Options 1 and 2 are quite compatible: by implementing one you can replace it with the other with simple reconfiguration of persistence.xml (given that in-memory database is JPA compatible, e.g. JavaDB, Derby, etc.).
Option 3 is re-implementing both third-party software (database) and your own code (existing JPA entities). You also listed its advantages as concerns. It's clearly a less feasible option in your case. I can't think of anything else to promote Option 3 either.
It seems that in-memory database is more suitable given use cases and their time span. If requirements evolve into less transient ones then you can switch to Oracle.
如果您的表达式不太复杂,您可以使用表达式语言来评估 Java 对象 (POJO) 上的字符串查询。我可以推荐 MVEL http://mvel.codehaus.org 。
这个想法是将对象放入 MVEL 上下文中。然后你提供根据MVEL简单表示法编写的字符串查询,最后评估表达式。
示例取自 MVEL 站点:
通常表达式语言支持遍历对象图(集合)和
以 JSP EL 风格(点表示法)访问成员。
另外,我可以建议看看 OGNL(谷歌一下,我不能添加多个链接)
If your expressions are not too complex, you can use an expression language for evaluating string queries on your Java objects (POJOs). I can recommend MVEL http://mvel.codehaus.org .
The idea is that you put your objects into MVEL context. Then you provide string query written according to MVEL simple notation, and finally evaluate expression.
Example taken from MVEL site:
Usually expression languages support traversing your object graph (collections) and
accessing members in JSP EL style (dot notation).
Also, I can suggest looking at OGNL (google it, I can't add more than one link)
精炼标准有多复杂?如果大多数都非常简单,我会很想从选项(3)开始,但要确保它封装在合适的接口后面,这样,如果您遇到过于复杂或效率低下而无法自己编写代码的东西,此时可以切换到内存数据库(如果设置临时表有开销,则可以批量切换到所有查询,或者仅切换到复杂的查询)。
How complex are the refining criteria? If the majority are quite simple, I'd be tempted to go for option (3) to start with, but make sure it's encapsulated behind a suitable interface so that if you come across something that is too complex or inefficient to code up yourself you can switch to the in-memory DB at that point (either wholesale for all queries, or just for the complex ones if there's an overhead in setting up the temporary tables).

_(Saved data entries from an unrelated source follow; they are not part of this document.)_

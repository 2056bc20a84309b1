-- ===== src/Memory/Copies/Structs.antt =====
-- Structs of what can be copied.
use cluster_api_provider_cce.Prelude.{ℕ, ◌≡◌, List, length}
use cluster_api_provider_cce.Memory.{Mem}
use cluster_api_provider_cce.Memory.Copies.{Grows, Grows-trans, Grows-from, Copied}

module _ {X A V B W : Type 0} (K : Copied X A V) (L : Copied X B W) where
  -- The fields of a struct, one after the other.
  abbrev pub copy_both : A × B → Mem X (A × B)
  copy_both (a, b) h = let (a', h') = K.copy a h in let (b', h'') = L.copy b h' in ((a', b'), h'')

  abbrev pub both : Copied X (A × B) (V × W)
  both = record {
    Reads = λ l h a v. K.Reads l h a.0 v.0 × L.Reads l h a.1 v.1;
    copy = copy_both;
    Reads-mono =
        λ l m h a v q r. (K.Reads-mono l m h a.0 v.0 q r.0, L.Reads-mono l m h a.1 v.1 q r.1);
    Reads-frame =
        λ l h k a v g r. (K.Reads-frame l h k a.0 v.0 g r.0, L.Reads-frame l h k a.1 v.1 g r.1);
    copy-Grows = λ a h. Grows-trans h (K.copy a.0 h).1 _ (K.copy-Grows a.0 h) (L.copy-Grows a.1 _);
    copy-Reads = λ l h a v r.
        let k = (K.copy a.0 h).1 in
        let (g, n) = K.copy-Grows a.0 h in
        let kept = L.Reads-frame l h k a.1 v.1 (Grows-from l h k (g, n)) r.1 in
        let copied = L.copy-Reads l k a.1 v.1 kept in
        (
          K.Reads-frame (length h) k _ _ v.0 (Grows-from (length h) k _ (L.copy-Grows a.1 k))
              (K.copy-Reads l h a.0 v.0 r.0),
          L.Reads-mono (length k) (length h) _ _ v.1 n copied,
        );
  }

-- An action on structs that copies their fields as `K` does.
abbrev pub Fieldwise :
    {X A V S : Type 0} → Copied X A V → (S → A) → (A → S) → (S → Mem X S) → Type 0
Fieldwise {X = X} {S = S} K to from into =
    (s : S) (h : List X) → into s h ≡ (from (K.copy (to s) h).0, (K.copy (to s) h).1)

-- A struct whose fields are copied as the components of `K` are.
module _ {X A V S T : Type 0} (K : Copied X A V) (to : S → A) (from : A → S) (value : T → V)
    (into : S → Mem X S) (to-from : (a : A) → to (from a) ≡ a)
    (is_same : Fieldwise K to from into) where
  pub struct-Reads :
      (l : ℕ) (h : List X) (s : S) (t : T)
      → K.Reads l h (to s) (value t)
      → K.Reads (length h) (into s h).1 (to (into s h).0) (value t)
  struct-Reads l h s t r = rw (is_same s h, to-from) (K.copy-Reads l h (to s) (value t) r)

  pub struct-Grows : (s : S) (h : List X) → Grows h (into s h).1
  struct-Grows s h = rw (is_same s h) (K.copy-Grows (to s) h)

  abbrev pub struct : Copied X S T
  struct = record {
    Reads = λ l h s t. K.Reads l h (to s) (value t);
    copy = into;
    Reads-mono = λ l m h s t q r. K.Reads-mono l m h (to s) (value t) q r;
    Reads-frame = λ l h k s t g r. K.Reads-frame l h k (to s) (value t) g r;
    copy-Grows = struct-Grows;
    copy-Reads = struct-Reads;
  }
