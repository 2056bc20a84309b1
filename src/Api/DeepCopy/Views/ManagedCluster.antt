-- ===== src/Api/DeepCopy/Views/ManagedCluster.antt =====
-- The views of CCEManagedCluster and its parts.
use cluster_api_provider_cce.Prelude.{String, Bool, refl, Option}
use cluster_api_provider_cce.Memory.Copies.{Copied, plain}
use cluster_api_provider_cce.Memory.Copies.Lists.{list}
use cluster_api_provider_cce.Memory.Copies.Pointers.{pointer}
use cluster_api_provider_cce.Memory.Copies.Structs.{both, struct, Fieldwise}
use cluster_api_provider_cce.Api.Memory.{
  Layouts, Address, TypeMeta, ClusterSpec, ClusterStatus, ManagedCluster, ManagedClusterList,
}
use cluster_api_provider_cce.Api.Memory.Cells.{Cell}
use cluster_api_provider_cce.Api.DeepCopy.{Library}
use cluster_api_provider_cce.Api.Memory.Kinds.{domains_kind, clusters_kind}
use cluster_api_provider_cce.Api.DeepCopy.ManagedCluster.{
  copy_domain, copy_cluster_status_into, copy_cluster_into, copy_cluster_list_into,
}

module _ {L V : Layouts} (lib : Library L V) where
  pub copy_domain-fields :
      Fieldwise (both (plain {X = Cell L} String) lib.domain) (λ t. t) (λ t. t) (copy_domain lib)
  unfolding copy_domain
  copy_domain-fields t h = refl

  abbrev pub domain_view : Copied (Cell L) (String × L.Domain) (String × V.Domain)
  domain_view =
      struct (both (plain {X = Cell L} String) lib.domain) (λ t. t) (λ t. t) (λ t. t)
        (copy_domain lib) (λ t. refl) copy_domain-fields

  pub copy_cluster_status-fields :
      Fieldwise
        (both (plain {X = Cell L} Bool) (pointer (list domain_view) (domains_kind {L = L})))
        (λ t. (t.ready, t.failure_domains))
        (λ t. record { ready = t.0; failure_domains = t.1 })
        (copy_cluster_status_into lib)
  unfolding copy_cluster_status_into
  copy_cluster_status-fields t h = refl

  abbrev pub cluster_status_view :
      Copied (Cell L) (ClusterStatus L Address) (ClusterStatus V Option)
  cluster_status_view =
      struct (both (plain {X = Cell L} Bool) (pointer (list domain_view) (domains_kind {L = L})))
        (λ t. (t.ready, t.failure_domains)) (λ t. record { ready = t.0; failure_domains = t.1 })
        (λ t. (t.ready, t.failure_domains)) (copy_cluster_status_into lib) (λ t. refl)
        copy_cluster_status-fields

  pub copy_cluster-fields :
      Fieldwise
        (both
          (plain {X = Cell L} TypeMeta)
          (both (lib.meta) (both (plain {X = Cell L} ClusterSpec) (cluster_status_view))))
        (λ t. (t.type_meta, (t.meta, (t.spec, t.status))))
        (λ t. record { type_meta = t.0; meta = t.1.0; spec = t.1.1.0; status = t.1.1.1 })
        (copy_cluster_into lib)
  unfolding copy_cluster_into
  copy_cluster-fields t h = refl

  abbrev pub cluster_view : Copied (Cell L) (ManagedCluster L Address) (ManagedCluster V Option)
  cluster_view =
      struct
        (both (plain {X = Cell L} TypeMeta)
          (both (lib.meta) (both (plain {X = Cell L} ClusterSpec) (cluster_status_view))))
        (λ t. (t.type_meta, (t.meta, (t.spec, t.status))))
        (λ t. record { type_meta = t.0; meta = t.1.0; spec = t.1.1.0; status = t.1.1.1 })
        (λ t. (t.type_meta, (t.meta, (t.spec, t.status)))) (copy_cluster_into lib) (λ t. refl)
        copy_cluster-fields

  pub copy_cluster_list-fields :
      Fieldwise
        (both
          (plain {X = Cell L} TypeMeta)
          (both (lib.list_meta) (pointer (list cluster_view) (clusters_kind {L = L}))))
        (λ t. (t.type_meta, (t.list_meta, t.items)))
        (λ t. record { type_meta = t.0; list_meta = t.1.0; items = t.1.1 })
        (copy_cluster_list_into lib)
  unfolding copy_cluster_list_into
  copy_cluster_list-fields t h = refl

  abbrev pub cluster_list_view :
      Copied (Cell L) (ManagedClusterList L Address) (ManagedClusterList V Option)
  cluster_list_view =
      struct
        (both (plain {X = Cell L} TypeMeta)
          (both (lib.list_meta) (pointer (list cluster_view) (clusters_kind {L = L}))))
        (λ t. (t.type_meta, (t.list_meta, t.items)))
        (λ t. record { type_meta = t.0; list_meta = t.1.0; items = t.1.1 })
        (λ t. (t.type_meta, (t.list_meta, t.items))) (copy_cluster_list_into lib) (λ t. refl)
        copy_cluster_list-fields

选项 2 似乎不错 - 因为您可以在 1 和 1 之间切换。 2 根据需要。 3 在未来的数据大小问题方面也受到限制。查询对象意味着对存储和查询的代码结构有更大的依赖性。
也许最好的做法是包含一些缓存机制(ehcache/memcache)以及选项 2 的使用,然后进行分析以检查性能差异。
Option 2 seems to be good - since you can toggle between 1 & 2 as per need. 3 is restricted in terms of future data sizing issue as well. Querying objects would imply greater dependency on the code structure for storage and querying.
Probably it would be good idea to include some caching mechanism (ehcache/memcache) along with usage of Option 2 and then profiling to check the performance difference.